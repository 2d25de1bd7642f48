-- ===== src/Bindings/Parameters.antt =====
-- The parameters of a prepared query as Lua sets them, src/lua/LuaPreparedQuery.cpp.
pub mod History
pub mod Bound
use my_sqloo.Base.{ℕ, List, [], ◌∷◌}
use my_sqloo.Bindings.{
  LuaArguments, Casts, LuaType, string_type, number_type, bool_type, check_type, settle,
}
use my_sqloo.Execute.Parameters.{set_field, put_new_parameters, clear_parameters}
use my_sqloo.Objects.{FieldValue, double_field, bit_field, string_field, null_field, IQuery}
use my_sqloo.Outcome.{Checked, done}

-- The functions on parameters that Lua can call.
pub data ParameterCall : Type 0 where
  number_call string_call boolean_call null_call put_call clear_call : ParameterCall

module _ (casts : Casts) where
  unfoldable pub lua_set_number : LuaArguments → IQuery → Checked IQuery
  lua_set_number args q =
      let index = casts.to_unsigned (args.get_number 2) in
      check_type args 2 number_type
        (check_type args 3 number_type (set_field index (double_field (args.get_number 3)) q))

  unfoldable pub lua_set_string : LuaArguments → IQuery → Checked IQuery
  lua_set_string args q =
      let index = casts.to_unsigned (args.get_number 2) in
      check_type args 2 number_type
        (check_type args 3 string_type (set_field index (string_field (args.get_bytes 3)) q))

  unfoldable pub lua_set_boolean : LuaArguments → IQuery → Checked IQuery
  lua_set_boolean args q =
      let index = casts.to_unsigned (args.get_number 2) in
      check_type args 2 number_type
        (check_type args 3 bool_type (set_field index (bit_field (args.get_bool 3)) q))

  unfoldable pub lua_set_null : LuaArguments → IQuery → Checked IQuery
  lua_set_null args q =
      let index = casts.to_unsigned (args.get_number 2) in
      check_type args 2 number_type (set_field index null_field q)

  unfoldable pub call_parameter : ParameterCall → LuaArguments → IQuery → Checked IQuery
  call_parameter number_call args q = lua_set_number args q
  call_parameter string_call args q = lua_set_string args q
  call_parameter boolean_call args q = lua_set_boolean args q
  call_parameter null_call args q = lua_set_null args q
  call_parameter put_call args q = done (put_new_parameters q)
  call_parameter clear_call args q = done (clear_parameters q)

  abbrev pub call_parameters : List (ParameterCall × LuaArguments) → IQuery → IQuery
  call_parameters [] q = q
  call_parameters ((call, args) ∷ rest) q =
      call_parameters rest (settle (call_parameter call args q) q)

---

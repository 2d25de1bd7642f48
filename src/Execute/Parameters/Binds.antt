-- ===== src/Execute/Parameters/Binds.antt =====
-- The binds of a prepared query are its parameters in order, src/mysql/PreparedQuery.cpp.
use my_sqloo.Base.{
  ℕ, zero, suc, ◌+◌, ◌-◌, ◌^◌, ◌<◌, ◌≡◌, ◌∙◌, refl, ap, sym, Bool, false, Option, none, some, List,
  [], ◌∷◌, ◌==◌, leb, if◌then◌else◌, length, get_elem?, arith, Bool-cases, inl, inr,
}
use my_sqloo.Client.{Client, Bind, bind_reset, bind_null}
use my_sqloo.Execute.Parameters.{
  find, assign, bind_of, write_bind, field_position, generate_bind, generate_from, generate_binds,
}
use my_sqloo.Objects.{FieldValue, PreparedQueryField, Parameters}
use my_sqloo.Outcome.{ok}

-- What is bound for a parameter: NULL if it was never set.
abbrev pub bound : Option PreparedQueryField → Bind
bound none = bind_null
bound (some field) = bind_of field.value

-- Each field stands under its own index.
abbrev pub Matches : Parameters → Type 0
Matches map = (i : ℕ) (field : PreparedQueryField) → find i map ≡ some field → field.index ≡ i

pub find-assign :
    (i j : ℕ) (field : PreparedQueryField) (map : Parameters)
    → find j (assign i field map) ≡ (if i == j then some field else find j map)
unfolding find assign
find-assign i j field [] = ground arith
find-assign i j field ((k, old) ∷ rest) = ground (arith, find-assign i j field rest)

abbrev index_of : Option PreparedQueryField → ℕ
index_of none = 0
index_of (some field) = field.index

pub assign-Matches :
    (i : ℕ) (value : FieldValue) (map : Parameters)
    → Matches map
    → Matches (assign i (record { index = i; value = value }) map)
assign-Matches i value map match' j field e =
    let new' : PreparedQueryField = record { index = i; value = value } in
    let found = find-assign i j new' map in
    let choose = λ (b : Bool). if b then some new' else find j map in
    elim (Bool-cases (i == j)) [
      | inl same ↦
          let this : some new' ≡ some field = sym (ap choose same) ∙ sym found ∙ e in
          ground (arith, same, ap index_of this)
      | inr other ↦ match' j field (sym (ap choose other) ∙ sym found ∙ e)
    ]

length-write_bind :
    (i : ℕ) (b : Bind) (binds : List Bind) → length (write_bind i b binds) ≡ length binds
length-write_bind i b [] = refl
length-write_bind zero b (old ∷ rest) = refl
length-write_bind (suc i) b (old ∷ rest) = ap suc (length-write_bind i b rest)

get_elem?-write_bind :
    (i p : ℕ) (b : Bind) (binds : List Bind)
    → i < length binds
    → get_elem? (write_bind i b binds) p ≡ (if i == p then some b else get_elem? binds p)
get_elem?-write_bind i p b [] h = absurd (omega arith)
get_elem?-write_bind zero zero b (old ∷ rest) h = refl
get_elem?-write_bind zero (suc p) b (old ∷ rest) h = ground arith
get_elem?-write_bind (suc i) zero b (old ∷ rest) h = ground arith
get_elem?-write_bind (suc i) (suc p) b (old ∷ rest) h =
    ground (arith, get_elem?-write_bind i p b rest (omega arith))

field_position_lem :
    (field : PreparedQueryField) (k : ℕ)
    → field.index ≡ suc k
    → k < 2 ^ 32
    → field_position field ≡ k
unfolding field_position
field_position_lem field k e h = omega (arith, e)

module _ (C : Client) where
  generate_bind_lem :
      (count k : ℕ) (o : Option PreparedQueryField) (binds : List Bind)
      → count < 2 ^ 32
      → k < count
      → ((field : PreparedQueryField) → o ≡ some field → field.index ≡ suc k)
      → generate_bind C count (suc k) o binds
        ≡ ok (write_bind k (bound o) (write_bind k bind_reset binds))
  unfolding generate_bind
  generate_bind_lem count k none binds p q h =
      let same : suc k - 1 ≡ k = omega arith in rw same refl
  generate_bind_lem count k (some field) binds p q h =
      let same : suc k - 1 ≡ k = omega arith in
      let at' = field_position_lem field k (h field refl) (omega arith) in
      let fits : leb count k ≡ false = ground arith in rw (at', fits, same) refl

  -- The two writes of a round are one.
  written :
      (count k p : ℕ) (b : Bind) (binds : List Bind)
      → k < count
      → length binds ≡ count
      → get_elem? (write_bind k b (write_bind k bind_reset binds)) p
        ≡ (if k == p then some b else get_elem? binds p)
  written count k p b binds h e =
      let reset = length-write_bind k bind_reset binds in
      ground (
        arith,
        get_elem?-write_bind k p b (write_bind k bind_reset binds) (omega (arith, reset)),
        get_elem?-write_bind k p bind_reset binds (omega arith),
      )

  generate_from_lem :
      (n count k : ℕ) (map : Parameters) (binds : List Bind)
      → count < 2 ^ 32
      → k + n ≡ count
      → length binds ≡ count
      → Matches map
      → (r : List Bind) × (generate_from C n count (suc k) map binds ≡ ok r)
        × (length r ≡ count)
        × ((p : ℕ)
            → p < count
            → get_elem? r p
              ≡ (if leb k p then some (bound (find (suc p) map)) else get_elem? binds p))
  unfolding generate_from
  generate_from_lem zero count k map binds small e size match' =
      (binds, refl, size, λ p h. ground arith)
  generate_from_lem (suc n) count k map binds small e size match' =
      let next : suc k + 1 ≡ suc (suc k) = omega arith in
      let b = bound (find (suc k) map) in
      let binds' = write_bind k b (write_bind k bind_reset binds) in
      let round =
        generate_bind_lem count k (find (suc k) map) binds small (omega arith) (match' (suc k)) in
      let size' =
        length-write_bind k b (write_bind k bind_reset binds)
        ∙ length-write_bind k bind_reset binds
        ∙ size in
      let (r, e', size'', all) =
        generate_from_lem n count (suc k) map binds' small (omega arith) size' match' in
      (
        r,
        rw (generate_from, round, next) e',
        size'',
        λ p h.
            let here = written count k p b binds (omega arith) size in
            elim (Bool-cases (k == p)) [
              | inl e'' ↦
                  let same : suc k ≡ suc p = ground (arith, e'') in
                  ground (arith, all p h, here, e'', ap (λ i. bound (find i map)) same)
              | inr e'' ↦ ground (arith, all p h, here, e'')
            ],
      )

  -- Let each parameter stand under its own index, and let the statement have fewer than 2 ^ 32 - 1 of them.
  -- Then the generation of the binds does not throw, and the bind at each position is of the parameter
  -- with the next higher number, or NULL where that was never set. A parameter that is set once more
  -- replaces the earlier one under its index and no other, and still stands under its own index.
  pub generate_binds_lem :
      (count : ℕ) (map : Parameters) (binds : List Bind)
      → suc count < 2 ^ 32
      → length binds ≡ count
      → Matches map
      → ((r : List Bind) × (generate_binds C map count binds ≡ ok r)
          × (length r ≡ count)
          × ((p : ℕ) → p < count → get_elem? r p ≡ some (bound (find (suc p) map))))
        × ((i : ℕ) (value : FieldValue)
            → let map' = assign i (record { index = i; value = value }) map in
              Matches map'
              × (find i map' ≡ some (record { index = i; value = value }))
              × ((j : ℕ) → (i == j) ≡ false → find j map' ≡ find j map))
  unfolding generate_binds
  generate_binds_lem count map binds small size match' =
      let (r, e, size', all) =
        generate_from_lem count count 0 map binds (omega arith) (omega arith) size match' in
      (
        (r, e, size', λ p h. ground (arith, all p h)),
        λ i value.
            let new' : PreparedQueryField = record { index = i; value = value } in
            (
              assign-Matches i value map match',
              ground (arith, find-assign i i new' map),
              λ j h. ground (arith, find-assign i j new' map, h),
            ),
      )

==

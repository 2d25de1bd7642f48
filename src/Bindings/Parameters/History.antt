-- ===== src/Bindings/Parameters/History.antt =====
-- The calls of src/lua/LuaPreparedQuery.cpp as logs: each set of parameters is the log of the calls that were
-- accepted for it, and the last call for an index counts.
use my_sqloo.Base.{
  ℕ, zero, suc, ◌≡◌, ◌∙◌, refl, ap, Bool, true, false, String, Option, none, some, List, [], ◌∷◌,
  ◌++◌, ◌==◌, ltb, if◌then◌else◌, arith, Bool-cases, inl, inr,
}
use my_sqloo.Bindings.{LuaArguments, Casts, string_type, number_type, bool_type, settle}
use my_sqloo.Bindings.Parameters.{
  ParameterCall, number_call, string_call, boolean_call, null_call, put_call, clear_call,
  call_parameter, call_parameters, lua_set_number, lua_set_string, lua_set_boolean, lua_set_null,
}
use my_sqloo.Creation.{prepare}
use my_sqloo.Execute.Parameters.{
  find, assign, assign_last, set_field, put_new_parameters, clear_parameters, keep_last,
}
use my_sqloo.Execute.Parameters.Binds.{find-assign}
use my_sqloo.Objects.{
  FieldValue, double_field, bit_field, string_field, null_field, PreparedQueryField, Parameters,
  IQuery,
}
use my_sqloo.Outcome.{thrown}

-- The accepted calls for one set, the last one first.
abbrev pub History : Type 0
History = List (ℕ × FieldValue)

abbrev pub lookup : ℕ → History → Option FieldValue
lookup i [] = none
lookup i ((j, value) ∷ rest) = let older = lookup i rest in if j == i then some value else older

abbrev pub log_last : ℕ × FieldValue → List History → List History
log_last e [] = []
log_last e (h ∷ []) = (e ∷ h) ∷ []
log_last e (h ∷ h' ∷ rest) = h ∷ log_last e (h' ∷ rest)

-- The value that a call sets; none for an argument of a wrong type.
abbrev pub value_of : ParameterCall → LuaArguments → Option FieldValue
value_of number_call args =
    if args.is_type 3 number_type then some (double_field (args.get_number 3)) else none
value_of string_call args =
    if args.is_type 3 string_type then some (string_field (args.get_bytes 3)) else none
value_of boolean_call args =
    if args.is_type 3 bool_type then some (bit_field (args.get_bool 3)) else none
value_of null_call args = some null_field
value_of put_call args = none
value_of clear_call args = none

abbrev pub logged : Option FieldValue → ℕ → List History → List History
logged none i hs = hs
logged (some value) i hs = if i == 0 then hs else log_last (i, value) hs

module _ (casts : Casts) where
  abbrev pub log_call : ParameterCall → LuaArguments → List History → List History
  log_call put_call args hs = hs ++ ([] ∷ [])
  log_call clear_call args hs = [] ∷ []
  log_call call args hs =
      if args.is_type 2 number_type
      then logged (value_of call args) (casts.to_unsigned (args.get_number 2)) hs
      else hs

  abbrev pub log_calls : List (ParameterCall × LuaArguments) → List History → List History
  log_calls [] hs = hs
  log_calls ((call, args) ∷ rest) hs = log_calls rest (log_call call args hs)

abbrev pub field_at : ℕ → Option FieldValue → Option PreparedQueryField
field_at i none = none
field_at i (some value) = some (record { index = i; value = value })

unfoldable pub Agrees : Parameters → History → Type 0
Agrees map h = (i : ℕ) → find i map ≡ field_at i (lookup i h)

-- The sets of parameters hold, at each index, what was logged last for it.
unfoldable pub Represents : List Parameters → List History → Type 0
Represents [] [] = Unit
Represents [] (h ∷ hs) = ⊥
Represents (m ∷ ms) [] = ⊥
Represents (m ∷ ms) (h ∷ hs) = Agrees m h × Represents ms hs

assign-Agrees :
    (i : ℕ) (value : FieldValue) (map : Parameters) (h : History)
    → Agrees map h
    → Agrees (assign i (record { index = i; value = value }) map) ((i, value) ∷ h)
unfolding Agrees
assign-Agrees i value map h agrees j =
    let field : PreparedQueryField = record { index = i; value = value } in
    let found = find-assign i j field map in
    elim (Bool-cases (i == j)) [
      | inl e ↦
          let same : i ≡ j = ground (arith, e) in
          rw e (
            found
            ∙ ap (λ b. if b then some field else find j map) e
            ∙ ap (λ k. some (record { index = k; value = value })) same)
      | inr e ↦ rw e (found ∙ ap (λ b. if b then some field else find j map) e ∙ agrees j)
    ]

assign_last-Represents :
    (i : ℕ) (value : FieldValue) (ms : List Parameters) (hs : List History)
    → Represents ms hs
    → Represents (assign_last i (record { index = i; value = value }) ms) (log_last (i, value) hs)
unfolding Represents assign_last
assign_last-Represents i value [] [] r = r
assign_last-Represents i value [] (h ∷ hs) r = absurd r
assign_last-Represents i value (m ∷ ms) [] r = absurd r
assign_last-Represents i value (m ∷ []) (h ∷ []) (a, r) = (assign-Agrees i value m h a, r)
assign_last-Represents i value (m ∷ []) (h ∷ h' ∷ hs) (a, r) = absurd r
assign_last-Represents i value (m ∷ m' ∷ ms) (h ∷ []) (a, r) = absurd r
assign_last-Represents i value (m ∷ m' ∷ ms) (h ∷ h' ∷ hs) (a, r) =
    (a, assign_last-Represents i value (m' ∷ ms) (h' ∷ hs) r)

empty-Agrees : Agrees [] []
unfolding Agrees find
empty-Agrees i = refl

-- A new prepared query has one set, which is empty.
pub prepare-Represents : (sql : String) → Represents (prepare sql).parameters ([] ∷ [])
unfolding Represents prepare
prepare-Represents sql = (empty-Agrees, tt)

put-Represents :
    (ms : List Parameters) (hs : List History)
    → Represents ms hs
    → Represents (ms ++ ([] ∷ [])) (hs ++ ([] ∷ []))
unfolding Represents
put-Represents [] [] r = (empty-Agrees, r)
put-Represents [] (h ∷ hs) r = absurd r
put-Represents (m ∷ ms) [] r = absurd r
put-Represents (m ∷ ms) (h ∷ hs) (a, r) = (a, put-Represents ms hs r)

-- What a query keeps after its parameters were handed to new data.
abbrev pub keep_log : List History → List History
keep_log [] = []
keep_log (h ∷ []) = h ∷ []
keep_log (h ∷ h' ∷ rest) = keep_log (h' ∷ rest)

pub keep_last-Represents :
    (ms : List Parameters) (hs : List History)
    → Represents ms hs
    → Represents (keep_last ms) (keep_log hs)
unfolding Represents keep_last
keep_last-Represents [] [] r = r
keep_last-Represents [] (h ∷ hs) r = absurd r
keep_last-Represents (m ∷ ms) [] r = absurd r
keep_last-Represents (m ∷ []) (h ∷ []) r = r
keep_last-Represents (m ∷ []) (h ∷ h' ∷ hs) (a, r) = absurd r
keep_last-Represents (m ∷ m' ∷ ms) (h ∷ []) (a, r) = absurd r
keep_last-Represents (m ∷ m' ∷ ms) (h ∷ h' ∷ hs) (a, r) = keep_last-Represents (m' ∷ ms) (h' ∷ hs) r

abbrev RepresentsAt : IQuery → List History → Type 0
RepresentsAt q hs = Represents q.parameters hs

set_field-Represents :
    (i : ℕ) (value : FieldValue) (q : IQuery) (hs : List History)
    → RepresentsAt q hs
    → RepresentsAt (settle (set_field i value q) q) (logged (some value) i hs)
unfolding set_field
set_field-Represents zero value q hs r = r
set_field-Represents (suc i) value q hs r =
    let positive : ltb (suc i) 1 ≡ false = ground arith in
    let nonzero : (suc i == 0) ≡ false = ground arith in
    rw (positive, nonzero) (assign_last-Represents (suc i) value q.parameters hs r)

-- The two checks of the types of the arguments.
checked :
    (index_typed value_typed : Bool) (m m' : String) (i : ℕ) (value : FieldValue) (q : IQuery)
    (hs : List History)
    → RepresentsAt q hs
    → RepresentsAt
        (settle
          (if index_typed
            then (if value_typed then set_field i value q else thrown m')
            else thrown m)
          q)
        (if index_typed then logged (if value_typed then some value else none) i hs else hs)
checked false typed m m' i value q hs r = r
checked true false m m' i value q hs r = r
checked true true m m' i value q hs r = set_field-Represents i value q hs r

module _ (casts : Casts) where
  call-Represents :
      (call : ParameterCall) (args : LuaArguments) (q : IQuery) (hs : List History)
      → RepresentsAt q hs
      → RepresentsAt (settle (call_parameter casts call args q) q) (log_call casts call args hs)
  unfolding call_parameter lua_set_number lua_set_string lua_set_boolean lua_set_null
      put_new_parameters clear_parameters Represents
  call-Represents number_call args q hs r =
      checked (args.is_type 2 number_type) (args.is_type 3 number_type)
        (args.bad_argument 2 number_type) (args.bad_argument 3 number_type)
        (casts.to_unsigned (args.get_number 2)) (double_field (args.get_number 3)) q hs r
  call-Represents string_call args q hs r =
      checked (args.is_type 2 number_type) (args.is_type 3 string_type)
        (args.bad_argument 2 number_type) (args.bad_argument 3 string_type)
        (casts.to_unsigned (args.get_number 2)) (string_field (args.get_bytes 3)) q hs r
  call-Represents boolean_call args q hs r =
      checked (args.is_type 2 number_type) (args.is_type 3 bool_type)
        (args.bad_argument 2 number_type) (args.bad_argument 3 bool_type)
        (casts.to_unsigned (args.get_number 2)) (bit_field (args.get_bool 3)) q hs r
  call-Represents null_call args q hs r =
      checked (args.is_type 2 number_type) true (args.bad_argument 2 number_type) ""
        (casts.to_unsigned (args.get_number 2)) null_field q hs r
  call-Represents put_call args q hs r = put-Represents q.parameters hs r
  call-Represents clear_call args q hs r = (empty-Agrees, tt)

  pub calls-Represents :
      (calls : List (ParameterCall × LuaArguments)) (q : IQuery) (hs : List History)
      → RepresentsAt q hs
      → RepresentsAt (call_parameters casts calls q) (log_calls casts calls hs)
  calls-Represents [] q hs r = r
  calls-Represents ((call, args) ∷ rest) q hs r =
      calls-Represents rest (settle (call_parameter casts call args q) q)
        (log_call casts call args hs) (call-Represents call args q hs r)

▸ **What you need to do**
What is the number of lines in the entries that include the string "written"? Reply with that number alone.

▸ **Reply**
3